# Japanese groom on a Havanese



## tokipoke

Gave Louis a new haircut today. I'm sure he feels breezy!


----------



## Quossum

Oh, wow, that is seriously different and cute! I love that you shaved those darling little feet!

--Q


----------



## Dallasminis

He can see! What a great cut...he is really cute, great job!


----------



## PammiPoodle

LOVE!! Very nice! : )


----------



## MamaTiff

Awesome!!!!


----------



## tokipoke

Thanks guys! I'm having so much fun with his hair!

Pammi, you _sure_ you don't want to get another dog for his hair? lol

MamaTiff, I've been meaning to tell you that Darby looks great in her new cut! Great sig pic!


----------



## Fond of Poodles

Wow, wow, wow, I love this! What a wonderful trim, and so well done! Thanks for sharing!


----------



## MamaTiff

Thank you! I hate it.  Well, I don't hate it, but I don't care for the miami. I had to take her down though. She was starting to run away from me whenever I took out my tools. Not worth it to get her upset from dematting her. So now we will make it through coat change with a short do!


----------



## Fluffyspoos

MamaTiff said:


> Thank you! I hate it.  Well, I don't hate it, but I don't care for the miami. I had to take her down though. She was starting to run away from me whenever I took out my tools. Not worth it to get her upset from dematting her. So now we will make it through coat change with a short do!


Man I know what you mean! I got back from a 7 day cruise, did FFT on all the poodles and gave Cairo a bath and dry as well. The standards shrugged it off, but Cairo sulked and tucked his tail for a whole day, I was seriously feeling guilty, but.. cheese.. yes, cheese..


----------



## PammiPoodle

Tokipoke, thanks for adding yet another cut to the long list of things I want to do on Lumi!

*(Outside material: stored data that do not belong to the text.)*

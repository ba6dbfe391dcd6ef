-- ===== src/Tests/Conversation.antt =====
-- The conversation of two signers of src/v1.rs and a coordinator that sign a message.
use wsts.Prelude.{ℕ, ◌≡◌, refl, some, none, false, List, [], ◌∷◌, arith, map}
use wsts.Curve.Five.{F5, f0, f1, f2, f3, f4, five}
use wsts.Common.{SignatureShare, from, random, verify}
use wsts.Schnorr
use wsts.Common.Verify
use wsts.Compute.{
  id, intermediate, aggregate_nonce, binding_compressed, poly, powers, lambda, binding, challenge,
  tagged_hash,
}
use wsts.Net
use wsts.Net.{Packet, sign, signed, SignatureShareRequest}
use wsts.Util.{hash_to_scalar}
use wsts.V1.Party
use wsts.V1.Party.{Party, sign_precomputed, commitment_response}
use wsts.V1.Signer
use wsts.V1.Aggregator
use wsts.V1.Aggregator.{Aggregator, init}
use wsts.StateMachine.Coordinator.{nonce_gather, idle, State-discrete}
use wsts.StateMachine.Coordinator.Frost.{move_to}
use wsts.StateMachine.Coordinator.Frost.Process.{start_signing_message}
use wsts.StateMachine.Coordinator.Frost.Signing.{start_signing_round}
use wsts.StateMachine.Coordinator.Frost.BatchRequest.{share_request}
use wsts.StateMachine.{OperationResult}
use wsts.StateMachine.Coordinator.Frost.BatchShares.{HasResult}
use wsts.StateMachine.Feedback.{feedback_messages}
use wsts.StateMachine.Feedback.Conversation.{feedback_messages-ends}
use wsts.StateMachine.Feedback.NonceReply.{request_of}
use wsts.StateMachine.Feedback.NonceRound.{answers_to, after_answer}
use wsts.Tests.Channel.{channel}
use wsts.Tests.KeyGeneration.{comm}
use wsts.Tests.Exchange.{Group, Participant, agg, sgn, asking, participant}

abbrev holder : ℕ → F5 → Party ⦃c = five⦄
holder i key = record {
  id = i;
  public_key = key;
  f = f1 ∷ f3 ∷ [];
  n = 2;
  private_key = key;
  group_key = f2;
  nonce = record { d = f1; e = f2 };
}

abbrev pub keyed : ℕ → F5 → Participant
keyed i key = record (participant i) {
  signer = record { id = i; num_keys = 2; group_key = f2; parties = holder i key ∷ [] };
}

abbrev both : List Participant
both = keyed 0 f3 ∷ keyed 1 f4 ∷ []

abbrev pub coordinator : Group
coordinator = record asking { state = idle; party_polynomials = (0, comm 0) ∷ (1, comm 1) ∷ [] }

abbrev pub begun : Group
begun = record coordinator {
  current_sign_id = 2;
  ids_to_await = 0 ∷ 1 ∷ [];
  state = nonce_gather false none;
}

abbrev pub packet : Packet ⦃c = five⦄
packet = record {
  msg = Net.nonce_request (record { dkg_id = 1; sign_id = 2; sign_iter_id = 0 });
  sig = 3 ∷ 254 ∷ [];
}

abbrev request : SignatureShareRequest ⦃c = five⦄
request = share_request ⦃c = five⦄ ⦃agg = agg⦄ false none begun (
    answers_to ⦃c = five⦄ ⦃ch = channel⦄ ⦃sgn = sgn⦄
      (request_of ⦃c = five⦄ ⦃ch = channel⦄ ⦃sgn = sgn⦄ ⦃agg = agg⦄ begun) both)

abbrev after : List Participant
after = map (after_answer ⦃c = five⦄ ⦃ch = channel⦄ ⦃sgn = sgn⦄) both

abbrev all : List (List (SignatureShare ⦃c = five⦄))
all =
    (record { id = 0; z_i = f3; key_ids = 0 ∷ [] } ∷ [])
    ∷ (record { id = 1; z_i = f0; key_ids = 1 ∷ [] } ∷ [])
    ∷ []

abbrev stored : Aggregator ⦃c = five⦄
stored = record { num_keys = 2; threshold = 2; poly = f2 ∷ f1 ∷ [] }

abbrev result : OperationResult ⦃c = five⦄
result = OperationResult.sign (record { R = f4; z = f3 })

feedback_messages-ends_example :
    (v : Group) × (w : Group) × (sent : Packet ⦃c = five⦄) × (feedback_messages ⦃c = five⦄
        ⦃ch = channel⦄ ⦃sgn = sgn⦄ ⦃agg = agg⦄ begun both
        (packet ∷ [])
      ≡ some ((v, after), sent ∷ [], []))
    × (sent.msg ≡ Net.signature_share_request request)
    × (feedback_messages ⦃c = five⦄ ⦃ch = channel⦄ ⦃sgn = sgn⦄ ⦃agg = agg⦄ v after (sent ∷ [])
        ≡ some ((w, after), [], result ∷ []))
    × (w.state ≡ idle)
    × HasResult ⦃c = five⦄ ⦃agg = agg⦄ false none w result
unfolding start_signing_message start_signing_round init Aggregator.sign Aggregator.sign_with_tweak
    Signer.sign Signer.gen_nonces Signer.get_key_ids id intermediate aggregate_nonce lambda binding
    binding_compressed challenge poly powers tagged_hash hash_to_scalar from random signed sign
    move_to State-discrete Party.sign Party.gen_nonce sign_precomputed commitment_response verify
    Schnorr.verify Schnorr.new Verify.verify
feedback_messages-ends_example =
    feedback_messages-ends ⦃c = five⦄ ⦃ch = channel⦄ ⦃sgn = sgn⦄ ⦃agg = agg⦄ false none (7 ∷ [])
      coordinator begun packet both all result (omega arith) (λ digest. (_, refl)) refl
      ((refl, λ digest. (_, refl)), ((refl, λ digest. (_, refl)), tt)) refl
      (omega arith, refl, (omega arith, refl, tt)) (refl, stored, stored, refl, refl)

This style is too cute! Btw, I have no issue with being so inspired or tempted by a coat to bring home a new baby, *but* I'm not in a postion now (mostly financially) to take on a new responsibility. So, the dream of matching haircuts in varying candy colors remains to be fullfilled...

MamaTiff and Fluffyspoos, groomers guilt is the worst! Every time Lumi gets a little mopey about part of her groom I feel like the meanest mom in the world. Then, of course, the next day she's back on the table for that one stray hair that's been driving me crazy! : P


----------



## tokipoke

*Updated haircut!*

Took the hair shorter to the elbows, and down the hips. Trimmed ears, muzzle, and did schnauzer-like eyebrows!

Pammi - I used the technique you mentioned about coloring while the hair is still wet (after the bath) - turned out great! I didn't leave the color on that long, Louis was shivering - but it was very easy! Way easier to get the color through the hair. Of course I forgot the gloves again and now my nails are dyed red.


----------



## MamaTiff

Looks great.

My co worker just came in and said, "That's a cute dog. Wicked cute." 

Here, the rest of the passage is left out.